Radio shock jocks slobbering daily over subjects that would make Lenny Bruce blush. Movies such as “There’s Something About Mary” and “Road Trip,” which, on the strength of comedian Tom Green’s mouse-on-the-tongue scene alone, could well go down in history as the “Citizen Kane” of summer teen-gross-out comedies. “Lad” magazines such as Maxim and FHM, featuring cleavage that brings to mind the effects of a catastrophic windstorm at the Macy’s Thanksgiving Day parade. Reality TV shows starring rampaging pets and surveillance footage of employees photocopying their privates and urinating on the boss’s furniture. The planned October launch of Alltrue Networks, a lowbrow Web site featuring “extreme, horrific and bizarre” video clips intended, like “The Man Show,” to attract 18- to 24-year-old men. “WWF Smackdown” and “The Jerry Springer Show,” which have become difficult to tell apart. Porn stars as celebrities. USA Network’s new late-night quiz show, “Strip Poker,” in which buffed young hunks and potential bikini-contest winners doff successive layers of their already-revealing attire.

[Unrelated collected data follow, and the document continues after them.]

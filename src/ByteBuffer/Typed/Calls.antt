-- ===== src/ByteBuffer/Typed/Calls.antt =====
-- common/ByteBuffer.h: what the reads of a buffer give, and its operations in any order.
use native.Mathlib.Nat.{pow-suc}
use morfeusz.Base.{
  Yields, Yields-bind, ℕ, zero, suc, ◌+◌, ◌^◌, ◌≤◌, ◌<◌, ◌≡◌, sym, ap, ◌∙◌, inl, inr, List, [], ◌∷◌,
  ◌++◌, subst, ltb, leb, ◌==◌, Bool-cases, arith, length, take, drop, length-take, length-drop,
  le_value, le_bytes, le_bytes-le_value, AllBytes, AllBytes-append, AllBytes-take, AllBytes-drop,
}
use morfeusz.Endian.{Host, endian_convert, load, load-endian_convert}
use morfeusz.ByteBuffer.{
  ByteBuffer, size, block, read_at, read, read_bytes, read_string_loop, read_string,
}
use morfeusz.ByteBuffer.Typed.{IsBuffer}

le_value-below : (bs : List ℕ) → AllBytes bs → le_value bs < 256 ^ length bs
unfolding le_value
le_value-below [] h = omega arith
le_value-below (c ∷ bs) h = omega (arith, pow-suc 256 (length bs), le_value-below bs h.1, h.0)

-- The number that is read, where it is not past the end.
pub read_at-below :
    (host : Host) (pos n : ℕ) (b : ByteBuffer)
    → AllBytes b.storage
    → Yields (λ v. (v < 256 ^ n) × (pos + n ≤ size b)) (read_at host pos n b)
unfolding read_at block
read_at-below host pos n b h = elim (Bool-cases (leb (pos + n) (size b))) [
  | inl e ↦
      (let here = take n (drop pos b.storage) in
        let bytes : AllBytes here = AllBytes-take n _ (AllBytes-drop pos b.storage h) in
        let whole : length here ≡ n =
          ground (arith, length-take n (drop pos b.storage), length-drop pos b.storage) in
        let below : le_value here < 256 ^ n =
          subst (λ k. le_value here < 256 ^ k) whole (le_value-below here bytes) in
        let form : le_bytes n (le_value here) ≡ here =
          subst (λ k. le_bytes k (le_value here) ≡ here) whole (le_bytes-le_value here bytes) in
        let same : load host (endian_convert host n here) ≡ le_value here =
          ap (λ m. load host (endian_convert host n m)) (sym form)
          ∙ load-endian_convert host n (le_value here) below in
        rw (e, same) (below, ground arith))
  | inr e ↦ rw e tt
]

-- A number of the type's width, and the buffer behind it.
abbrev pub Number : ℕ → ℕ × ByteBuffer → Type 0
Number n r = (r.0 < 256 ^ n) × IsBuffer r.1

abbrev pub Text : List ℕ × ByteBuffer → Type 0
Text r = AllBytes r.0 × IsBuffer r.1

advanced :
    (b : ByteBuffer) (n : ℕ)
    → IsBuffer b
    → b.rpos + n ≤ size b
    → IsBuffer (record b { rpos = b.rpos + n })
advanced b n is inside = record {
  bytes = is.bytes;
  rpos_inside = inside;
  wpos_inside = is.wpos_inside;
}

pub read-IsBuffer :
    (host : Host) (n : ℕ) (b : ByteBuffer) → IsBuffer b → Yields (Number n) (read host n b)
unfolding read
read-IsBuffer host n b is =
    Yields-bind _ (Number n) (read_at host b.rpos n b) _ (read_at-below host b.rpos n b is.bytes)
      (λ v h. (h.0, advanced b n is h.1))

pub read_bytes-IsBuffer : (len : ℕ) (b : ByteBuffer) → IsBuffer b → Yields Text (read_bytes len b)
unfolding read_bytes block
read_bytes-IsBuffer len b is = elim (Bool-cases (leb (b.rpos + len) (size b))) [
  | inl e ↦ rw e (
    AllBytes-take len _ (AllBytes-drop b.rpos b.storage is.bytes),
    advanced b len is (ground arith),
  )
  | inr e ↦ rw e tt
]

read_string_loop-IsBuffer :
    (host : Host) (fuel : ℕ) (value : List ℕ) (b : ByteBuffer)
    → AllBytes value
    → IsBuffer b
    → Yields Text (read_string_loop host fuel value b)
unfolding read_string_loop
read_string_loop-IsBuffer host zero value b h is = tt
read_string_loop-IsBuffer host (suc fuel) value b h is = elim (Bool-cases (ltb b.rpos (size b))) [
  | inr e ↦ rw e (h, is)
  | inl e ↦ rw e (
      Yields-bind (Number 1) Text (read host 1 b) _ (read-IsBuffer host 1 b is) (λ r k.
        elim (Bool-cases (r.0 == 0)) [
          | inl f ↦ rw f (h, k.1)
          | inr f ↦ rw f (
              read_string_loop-IsBuffer host fuel (value ++ r.0 ∷ []) r.1
                (AllBytes-append value _ h (omega (arith, k.0), tt)) k.1)
        ]))
]

pub read_string-IsBuffer :
    (host : Host) (b : ByteBuffer) → IsBuffer b → Yields Text (read_string host b)
unfolding read_string
read_string-IsBuffer host b is = read_string_loop-IsBuffer host (suc (size b)) [] b tt is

If you drove around L.A. this spring, you saw billboards depicting two radio hosts at urinals flanking ex-pro basketballer and recreational cross-dresser Dennis Rodman. The corresponding television ad has the pair marveling at the size of Rodman’s . . . NBA championship ring. If you shopped on Melrose Avenue around Easter, you could have commemorated the holiday with a candy Easter bunny hammered to a candy crucifix.

You catch my drift. We’re in the midst of a veritable Renaissance of Vulgarity, a gross-out of historic proportions. The culture is becoming ruder and cruder at an astonishing, almost exponential, rate. Some find this alarming--”the coarsening of our culture” has become a mantra for politicians, to the tune of nearly 400 citations in the Nexis electronic news database in the past two years. Radio pioneer and former “Tonight Show” host Steve Allen, as spokesman for the Parents Television Council, regularly runs newspaper ads denouncing TV as a “moral sewer.”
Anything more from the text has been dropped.